CounterPunch, November 16, 2012
The longest, most expensive elections in one of the most polarized democracies in the Western world are over. Now we see contrasting reactions and unforeseen fallout––in the form of elation, bitter disappointment, investigation and resignation. The downfall of the CIA director David Petraeus and investigation into Gen. John Allen’s emails concern both their personal conduct, as well as the uncomfortable fit between President Barack Obama and the conservative military hierarchy.
Nonetheless the current turmoil at the top should not distract us from deeper analysis of American politics. The overwhelming nature of President Obama’s win over his Republican rival Mitt Romney in the Electoral College was achieved by a series of narrow but even victories in hotly contested states. A win by a small margin in a state can deliver all of the Electoral College votes, so the outcome is distorted rather like in Britain’s parliamentary elections, where a candidate can win by just one vote. It hides a greater truth––that the United States is a society split almost in two halves as its demographic transformation continues.
The Republican Party’s hysteria on a range of issues––from Muslims, Hispanics and other non-white communities to slogans of “small government” which threaten the vulnerable, low-income groups, women in particular––has damaged the social fabric of the United States and the party’s own prospects. The trend is most conspicuous in the presidential and senatorial races, where constituencies are huge. However, it is not so accurately reflected in the House of Representatives, where the Republicans have maintained their majority. The omens for President Obama are hardly better in the second term, for there will be fierce battles over the budget. The Republican majority will likely do all it can to thwart the president’s fiscal proposals, clouding his legacy.
The depth of polarization in American society is reflected in the overall vote. More than 90 percent of blacks and 70 percent of Hispanics and Asians supported Barack Obama. And 88 percent of those who voted for Mitt Romney were white. Yet the difference in the popular vote between the two was smaller than 3 percent. How can these numbers explain Obama’s solid victory over Romney and the Democratic majority in the Senate, but the Republican hold in the House?

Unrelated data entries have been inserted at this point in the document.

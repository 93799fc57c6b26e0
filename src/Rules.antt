-- ===== src/Rules.antt =====
-- The three rules of 10-storage-lab-series-summary-in-3-minutes/03_three_rules.c: the timing harness, the writes
-- in small records and in one batch, the read of the whole file, and the random reads. The stream, the
-- clock, the differences of its doubles and `qsort` are arguments; the texts around the printed
-- figures are left out.
pub mod Bench
pub mod Batch
pub mod Tail
mod Tests
use inside_the_cpu_storage_a.Base.{
  ℕ, zero, suc, ◌+◌, ◌*◌, ◌/◌, ◌%◌, ◌^◌, ◌≡◌, Bool, true, false, not, ◌&&◌, ◌||◌, Option, none,
  some, List, [], ◌∷◌, ◌++◌, length, get_elem?, take, drop, ltb, ◌==◌, if◌then◌else◌, bit_xor,
}

abbrev pub k_data : ℕ
k_data = 256 * 1024

abbrev pub k_record : ℕ
k_record = 64

abbrev pub k_disk_block : ℕ
k_disk_block = 4096

-- The C library's calls on files, over an unknown state.
pub record Stdio : Type 1 where
  pub State : Type 0
  -- `fopen(path, "rb")` of the file, whether it could be opened, and `fclose` of the same
  pub open_rb : State → State × Bool
  pub close_rb : State → State
  -- `fwrite(p, 1, n, out)`, the number of bytes that it takes
  pub fwrite : State → List ℕ → State × ℕ
  -- `fflush(out) == 0`
  pub fflush : State → State × Bool
  -- `fread(buf, 1, n, in)`
  pub fread : State → ℕ → State × ℕ
  -- `fseek(in, offset, SEEK_SET) == 0 && fread(block, 1, K_BLOCK, in) == K_BLOCK`
  pub read_at : State → ℕ → State × Bool

-- `now_ns`, the difference of two times, and `qsort` on them
pub record Clock (S : Type 0) : Type 1 where
  pub Time : Type 0
  pub now : S → S × Time
  pub gap : Time → Time → Time
  pub no_time : Time
  pub sort : List Time → List Time

abbrev pub at_most_64 : ℕ → ℕ
at_most_64 repeats = if ltb 64 repeats then 64 else repeats

module _ {S : Type 0} (clock : Clock S) where
  open clock use {Time, now, gap, no_time, sort}

  abbrev pub warm_up : (S → S) → ℕ → S → S
  warm_up f zero s = s
  warm_up f (suc n) s = warm_up f n (f s)

  -- one turn of the second loop
  abbrev pub timed : (S → S) → S → S × Time
  timed f s = let (s', t0) = now s in let (s'', t1) = now (f s') in (s'', gap t1 t0)

  abbrev pub sample : (S → S) → ℕ → S → S × List Time
  sample f zero s = (s, [])
  sample f (suc n) s = let (s', t) = timed f s in let (s'', ts) = sample f n s' in (s'', t ∷ ts)

  -- the minimum and the median; `none` is a read past the samples
  unfoldable pub bench_ns : (S → S) → ℕ → ℕ → S → S × Option Time × Option Time
  bench_ns f warmup repeats s =
      let (s', samples) = sample f (at_most_64 repeats) (warm_up f warmup s) in
      let sorted = sort samples in
      (s', get_elem? sorted 0, get_elem? sorted (at_most_64 repeats / 2))

  -- one latency at least
  abbrev pub filled_in : List Time → List Time
  filled_in lat = if length lat == 0 then no_time ∷ [] else lat

  -- p50, p99.9 and p99 of the latencies
  unfoldable pub tails : List Time → Option Time × Option Time × Option Time
  tails lat =
      let filled = filled_in lat in
      let n = length filled in
      let sorted = sort filled in
      (get_elem? sorted (n / 2), get_elem? sorted (n * 999 / 1000), get_elem? sorted (n * 99 / 100))

-- `xorshift64`, which gives its state
unfoldable pub xorshift64 : ℕ → ℕ
xorshift64 r =
    let a = bit_xor r (r * 2 ^ 13 % 2 ^ 64) in
    let b = bit_xor a (a / 2 ^ 7) in bit_xor b (b * 2 ^ 17 % 2 ^ 64)

module _ (io : Stdio) where
  open io use {State, open_rb, close_rb, fwrite, fflush, fread, read_at}

  -- the stream, and `written`
  abbrev pub Ctx : Type 0
  Ctx = State × Bool

  -- `fwrite(p, 1, n, out) != n || fflush(out) != 0`
  abbrev pub write_flush : Ctx → List ℕ → Ctx
  write_flush (s, written) p =
      let (s', n) = fwrite s p in
      let (s'', flushed) = fflush s' in
      if n == length p then (s'', written && flushed) else (s', false)

  abbrev pub records : ℕ → List ℕ → Ctx → Ctx
  records zero p c = c
  records (suc n) p c = records n (drop k_record p) (write_flush c (take k_record p))

  unfoldable pub tiny_writes : List ℕ → Ctx → Ctx
  tiny_writes p c = records (k_data / k_record) p c

  unfoldable pub batch_write : List ℕ → Ctx → Ctx
  batch_write p c = write_flush c p

  -- the loop of `read_all`, with fuel: the bytes that it saw
  unfoldable pub fread_all : ℕ → State → ℕ → Option (State × ℕ)
  fread_all zero s bytes = none
  fread_all (suc fuel) s bytes =
      let (s', n) = fread s (64 * 1024) in
      elim n [ zero ↦ some (s', bytes) | suc m ↦ fread_all fuel s' (bytes + suc m) ]

  abbrev pub close_read : Option (State × ℕ) → Option (State × ℕ)
  close_read none = none
  close_read (some (s, bytes)) = some (close_rb s, bytes)

  -- `read_all`
  unfoldable pub read_file : ℕ → State → Option (State × ℕ)
  unfolding fread_all
  read_file fuel s =
      let (s', opened) = open_rb s in
      if opened then close_read (fread_all fuel s' 0) else some (s', 0)

  module _ (clock : Clock State) where
    -- the loop of `random_read_latencies` over `reads` turns, with the state of the generator
    unfoldable pub read_blocks : ℕ → ℕ → ℕ → State → State × List clock.Time
    unfolding xorshift64
    read_blocks blocks zero rng s = (s, [])
    read_blocks blocks (suc reads) rng s =
        let rng' = xorshift64 rng in
        let (s₀, t0) = clock.now s in
        let (s₁, ok) = read_at s₀ (rng' % blocks * k_disk_block) in
        let (s₂, t1) = clock.now s₁ in
        let (s₃, lat) = read_blocks blocks reads rng' s₂ in
        if ltb 0 blocks then (if ok then (s₃, clock.gap t1 t0 ∷ lat) else (s₂, [])) else (s, [])

    unfoldable pub random_read_latencies : ℕ → ℕ → ℕ → State → State × List clock.Time
    unfolding read_blocks
    random_read_latencies file_bytes reads rng s =
        let (s', opened) = open_rb s in
        let (s'', lat) = read_blocks (file_bytes / k_disk_block) reads rng s' in
        if opened then (close_rb s'', lat) else (s', [])

  module _ (clock : Clock Ctx) where
    -- the first two benchmarks of the main function
    unfoldable pub write_twice : List ℕ → Ctx → Ctx
    unfolding bench_ns tiny_writes batch_write
    write_twice bytes c =
        let (c', minimum, median) = bench_ns clock (tiny_writes bytes) 3 21 c in
        (bench_ns clock (batch_write bytes) 3 21 c').0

Is it because the ethnic (white–black), ideological (Republican–Democratic) and economic (rich–poor) divides are reflected in the smaller House districts more accurately? Is it because House districts are more definitely white or mixed, rich or poor, rightwing or moderate? In other words, has segregation––ethnic, economic, ideological––in the United States widened? Or have other factors been responsible for a very different outcome in the House? An expert with intimate knowledge of the landscape may shed more light on this.

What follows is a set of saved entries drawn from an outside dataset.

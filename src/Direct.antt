-- ===== src/Direct.antt =====
-- The files of 06_aligned_blocks.c and 07_buffered_vs_direct.c of
-- 08-storage-lab-buffered-vs-direct-io-in-10-minutes: a temporary file that is opened for direct I/O, or without it
-- where that is refused, and the main functions with every way out, over the operating system's calls and
-- with the timing harness of Rules. The paths are arguments; the printed texts, the copy of a block
-- in memory, and the bytes of the buffers are left out.
pub mod Held
pub mod Released
pub mod Compared
pub mod Flag
pub mod Reads
mod Tests
use inside_the_cpu_storage_a.Base.{
  ℕ, zero, suc, ◌+◌, ◌*◌, ◌/◌, ◌%◌, Bool, true, false, Option, none, some, List, [], ◌∷◌, map, ◌==◌,
  if◌then◌else◌,
}
use inside_the_cpu_storage_a.Fs.{Name}
use inside_the_cpu_storage_a.Rules.{Clock, bench_ns}

abbrev pub k_io_block : ℕ
k_io_block = 4096

-- A call that gives -1 gives `none`; the transfers are of one block.
pub record DirectOs : Type 1 where
  pub State : Type 0
  -- `open(path, O_RDWR | O_CREAT, 0600)`, with `O_DIRECT` or without it
  pub open_tmp : State → Name → Bool → State × Option ℕ
  -- `posix_memalign(&buf, 4096, 4096) == 0`
  pub memalign : State → State × Bool
  pub free : State → State
  pub pwrite : State → ℕ → ℕ → State × Option ℕ
  -- into a buffer, at an offset
  pub pread : State → ℕ → ℕ → State × Option ℕ
  pub fsync : State → ℕ → State × Option ℕ
  -- `open(path, O_RDONLY)`, with `O_DIRECT` or without it
  pub open_read : State → Name → Bool → State × Option ℕ
  -- `malloc` of the samples, freed with `free` too
  pub malloc : State → State × Bool
  pub close : State → ℕ → State
  pub unlink : State → Name → State

pub record TmpFile : Type 0 where
  pub fd : Option ℕ
  pub direct : Bool

unfoldable pub aligned : ℕ → ℕ → Bool
aligned x a = x % a == 0

-- the rows of the first table: the offset, whether it is aligned, its block and the byte inside
unfoldable pub contract_rows : List ℕ → List (ℕ × Bool × ℕ × ℕ)
unfolding aligned
contract_rows [] = []
contract_rows (off ∷ offs) =
    (off, aligned off k_io_block, off / k_io_block, off % k_io_block) ∷ contract_rows offs

abbrev pub whole_block : Option ℕ → Bool
whole_block none = false
whole_block (some n) = n == k_io_block

module _ (os : DirectOs) where
  open os use {State, open_tmp, memalign, free, pwrite, pread, fsync, close, unlink}

  -- the transfer that is tried, and whether the file is still direct
  abbrev pub probed : ℕ → State × Bool → State × Bool
  probed fd (s, false) = (s, true)
  probed fd (s, true) = let (s', n) = pwrite s fd 0 in (free s', whole_block n)

  abbrev pub kept_or_closed : ℕ → State × Bool → State × TmpFile
  kept_or_closed fd (s, true) = (s, record { fd = some fd; direct = true })
  kept_or_closed fd (s, false) = (close s fd, record { fd = some fd; direct = false })

  abbrev pub probe : State × Option ℕ → State × TmpFile
  probe (s, none) = (s, record { fd = none; direct = false })
  probe (s, some fd) = kept_or_closed fd (probed fd (memalign s))

  -- the file that is opened again without `O_DIRECT` where it is not direct
  abbrev pub fall_back : Name → State × TmpFile → State × TmpFile
  fall_back path (s, file) =
      let (s', fd) = open_tmp s path false in
      if file.direct then (s, file) else (s', record { fd = fd; direct = false })

  unfoldable pub tmpfile_open : Name → Bool → State → State × TmpFile
  tmpfile_open path true s = fall_back path (probe (open_tmp s path true))
  tmpfile_open path false s = fall_back path (s, record { fd = none; direct = false })

  abbrev pub close_fd : Option ℕ → State → State
  close_fd none s = s
  close_fd (some fd) s = close s fd

  unfoldable pub tmpfile_close : Name → TmpFile → State → State
  tmpfile_close path file s = unlink (close_fd file.fd s) path

  -- blocks `i`, `i` + 1, …, and whether all were written
  unfoldable pub pwrite_blocks : ℕ → ℕ → ℕ → State → State × Bool
  pwrite_blocks fd i zero s = (s, true)
  pwrite_blocks fd i (suc n) s =
      let (s', wrote) = pwrite s fd (i * k_io_block) in
      let rest = pwrite_blocks fd (suc i) n s' in if whole_block wrote then rest else (s', false)

  -- what the three reads gave, the state and the value of the main function
  abbrev pub Ending : Type 0
  Ending = State × List (Option ℕ) × ℕ

  abbrev pub read_three : Name → TmpFile → ℕ → State × Bool → Ending
  read_three path file fd (s, false) = (tmpfile_close path file (free s), [], 1)
  read_three path file fd (s, true) =
      let (s₁, n) = pread s fd (3 * 4096) in
      let (s₂, bad) = pread s₁ fd 6000 in
      let (s₃, odd) = pread (free s₂) fd 0 in (tmpfile_close path file s₃, n ∷ bad ∷ odd ∷ [], 0)

  abbrev pub with_buffer : Name → TmpFile → ℕ → State × Bool → Ending
  with_buffer path file fd (s, false) = (tmpfile_close path file s, [], 1)
  with_buffer path file fd (s, true) = read_three path file fd (pwrite_blocks fd 0 16 s)

  abbrev pub with_file : Name → Option ℕ → TmpFile → State → Ending
  with_file path none file s = (tmpfile_close path file s, [], 1)
  with_file path (some fd) file s = with_buffer path file fd (memalign s)

  unfoldable pub aligned_blocks : Name → State → Ending
  unfolding tmpfile_open tmpfile_close pwrite_blocks
  aligned_blocks path s =
      let (s', file) = tmpfile_open path true s in with_file path file.fd file s'

  abbrev pub one_pwrite : ℕ → State → State
  one_pwrite fd s = (pwrite s fd 0).0

  abbrev pub pwrite_fsync : ℕ → State → State
  pwrite_fsync fd s = (fsync (pwrite s fd 0).0 fd).0

  module _ (clock : Clock State) where
    abbrev pub close_both : Name → Name → TmpFile → TmpFile → State → State
    close_both path₁ path₂ buffered direct s =
        tmpfile_close path₂ direct (tmpfile_close path₁ buffered s)

    -- the three benchmarks
    abbrev pub measure : ℕ → ℕ → State → State
    measure fd₁ fd₂ s =
        let s₁ = (bench_ns clock (one_pwrite fd₁) 3 21 s).0 in
        let s₂ = (bench_ns clock (pwrite_fsync fd₁) 3 21 s₁).0 in
        (bench_ns clock (one_pwrite fd₂) 3 21 s₂).0

    abbrev pub measured : Name → Name → TmpFile → TmpFile → ℕ → ℕ → State × Bool → State × ℕ
    measured path₁ path₂ buffered direct fd₁ fd₂ (s, false) =
        (close_both path₁ path₂ buffered direct s, 1)
    measured path₁ path₂ buffered direct fd₁ fd₂ (s, true) =
        (close_both path₁ path₂ buffered direct (free (measure fd₁ fd₂ s)), 0)

    abbrev pub with_both : Name → Name → TmpFile → TmpFile → Option ℕ → Option ℕ → State → State × ℕ
    with_both path₁ path₂ buffered direct (some fd₁) (some fd₂) s =
        measured path₁ path₂ buffered direct fd₁ fd₂ (memalign s)
    with_both path₁ path₂ buffered direct (some fd₁) none s =
        (close_both path₁ path₂ buffered direct s, 1)
    with_both path₁ path₂ buffered direct none fd₂ s = (close_both path₁ path₂ buffered direct s, 1)

    unfoldable pub buffered_vs_direct : Name → Name → State → State × ℕ
    unfolding bench_ns tmpfile_open tmpfile_close
    buffered_vs_direct path₁ path₂ s =
        let (s₁, buffered) = tmpfile_open path₁ false s in
        let (s₂, direct) = tmpfile_open path₂ true s₁ in
        with_both path₁ path₂ buffered direct buffered.fd direct.fd s₂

Many of America’s domestic afflictions remain as they were under President Obama’s predecessor George W. Bush––possibly with two notable exceptions. One is Obama’s rescue of the auto industry; the other his healthcare plan, which was compromised during the legislative passage. Its utility will be proven in time. Mitt Romney fatally damaged his presidential hopes by playing the politics of exclusion. Barack Obama helped his reelection by taking steps to rescue the U.S. auto industry and delivering a healthcare plan despite disruptions and dilutions by his adversaries. The former contributed to his victory in the industrial states like Ohio; the latter in states like Florida with large numbers of Hispanic voters and pensioners worried about healthcare.
Now that the victory has been achieved, what are the prospects for President Obama’s second term? I have alluded to the prospect of stalemate between the White House and Congress. The conservatives in the House showed dogged opposition to block Obama’s healthcare plan, resist tax proposals and thwart his presidency in the first term. Obama’s reelection has made the political right more bitter even as its support base shrinks. The real question is whether he will continue to be the compromiser-in-chief, reluctant to stand his ground and fight for the substance of his program. Or his goal remains that the headlines show his presidency in good light, so he can leave a legacy of his choice, not necessarily much needed solutions to problems at home and abroad.

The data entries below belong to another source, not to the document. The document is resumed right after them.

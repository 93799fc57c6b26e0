-- ===== src/Rules/Bench.antt =====
-- The timing harness `bench_ns` runs the function as often as it says, and its figures are inside the samples.
use inside_the_cpu_storage_a.Base.{
  ◌⊎◌, inl, inr, min, dec_lt, ℕ, zero, suc, ◌+◌, ◌/◌, ◌≡◌, refl, ap, ◌∙◌, subst, some, List, arith,
  length, get_elem?-some,
}
use inside_the_cpu_storage_a.Rules.{Clock, warm_up, timed, sample, at_most_64, bench_ns}

at_most_64_lem : (repeats : ℕ) → at_most_64 repeats ≡ min repeats 64
at_most_64_lem repeats = ground arith

module _ {S : Type 0} (clock : Clock S) where
  open clock use {Time, now, sort}

  module _ (P : ℕ → S → Type 0) (f : S → S) (run : (n : ℕ) (s : S) → P n s → P (suc n) (f s))
      (reading : (n : ℕ) (s : S) → P n s → P n (now s).0) where
    warm_up_lem : (k n : ℕ) (s : S) → P n s → P (n + k) (warm_up clock f k s)
    warm_up_lem zero n s p = subst (λ i. P i s) (omega arith) p
    warm_up_lem (suc k) n s p =
        subst (λ i. P i (warm_up clock f k (f s))) (omega arith)
          (warm_up_lem k (suc n) (f s) (run n s p))

    timed_lem : (n : ℕ) (s : S) → P n s → P (suc n) (timed clock f s).0
    timed_lem n s p = reading (suc n) _ (run n _ (reading n s p))

    sample_lem : (k n : ℕ) (s : S) → P n s → P (n + k) (sample clock f k s).0
    sample_lem zero n s p = subst (λ i. P i s) (omega arith) p
    sample_lem (suc k) n s p =
        subst (λ i. P i (sample clock f (suc k) s).0) (omega arith)
          (sample_lem k (suc n) (timed clock f s).0 (timed_lem n s p))

  length-sample : (f : S → S) (k : ℕ) (s : S) → length (sample clock f k s).1 ≡ k
  length-sample f zero s = refl
  length-sample f (suc k) s = ap suc (length-sample f k (timed clock f s).0)

  -- The harness runs the function once for each warm up turn and once for each repeat, 64 repeats at most: what holds
  -- after `n` runs of the function, and what a reading of the clock keeps, holds at the end for that number of
  -- runs. With a repeat at least, the minimum and the median are read inside the samples. The sort must keep
  -- their number.
  pub bench_ns_lem :
      (P : ℕ → S → Type 0) (f : S → S) (warmup repeats : ℕ) (s : S)
      → ((ts : List Time) → length (sort ts) ≡ length ts)
      → ((n : ℕ) (t : S) → P n t → P (suc n) (f t))
      → ((n : ℕ) (t : S) → P n t → P n (now t).0)
      → P 0 s
      → P (warmup + min repeats 64) (bench_ns clock f warmup repeats s).0
        × ((repeats ≡ 0)
            ⊎ (((t : Time) × ((bench_ns clock f warmup repeats s).1 ≡ some t))
                × ((t : Time) × ((bench_ns clock f warmup repeats s).2 ≡ some t))))
  unfolding bench_ns
  bench_ns_lem P f warmup repeats s sorted run reading p =
      let s' = warm_up clock f warmup s in
      let k = at_most_64 repeats in
      let all = sorted (sample clock f k s').1 ∙ length-sample f k s' in
      (
        subst (λ n. P (warmup + n) (sample clock f k s').0) (at_most_64_lem repeats)
            (sample_lem P f run reading k warmup s'
              (subst (λ i. P i s') (omega arith) (warm_up_lem P f run reading warmup 0 s p))),
        elim (dec_lt 0 repeats) [
          | no none_asked ↦ inl (omega arith)
          | yes asked ↦ inr (
            get_elem?-some (sort (sample clock f k s').1) 0
                (omega (arith, all, at_most_64_lem repeats)),
            get_elem?-some (sort (sample clock f k s').1) (k / 2)
                (omega (arith, all, at_most_64_lem repeats)),
          )
        ],
      )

In foreign policy, Barack Obama did not take long following his inauguration in January 2009 to get back in tune with the past agenda, albeit with some adjustments, seeking U.S. hegemony over the globalized system. Initial promises of solving the Israel-Palestine dispute, rapprochement with Iran and the wider Muslim world and elimination of nuclear weapons were either diluted or abandoned or not heard again. Aspirations of a better U.S. human rights record were managed by silence, disingenuous definitions of combatant and civilian, and covert operations.
Withdrawal of American troops from Iraq was accompanied by the surge in Afghanistan––and those drones in the skies of Pakistan, Afghanistan and elsewhere. President Obama’s announcement of a reduction in America’s military presence in the Middle East actually meant a switch to increased reliance on special forces, drones and other mechanized tools of war, often deployed off-shore. A game of deception in the wider Middle East enables him to turn greater attention to encircling China. Will Obama’s second term be very different from the first? Or will he continue to walk away from positions he appeared to take in the fist six months of his presidency in 2009? That is the million dollar question.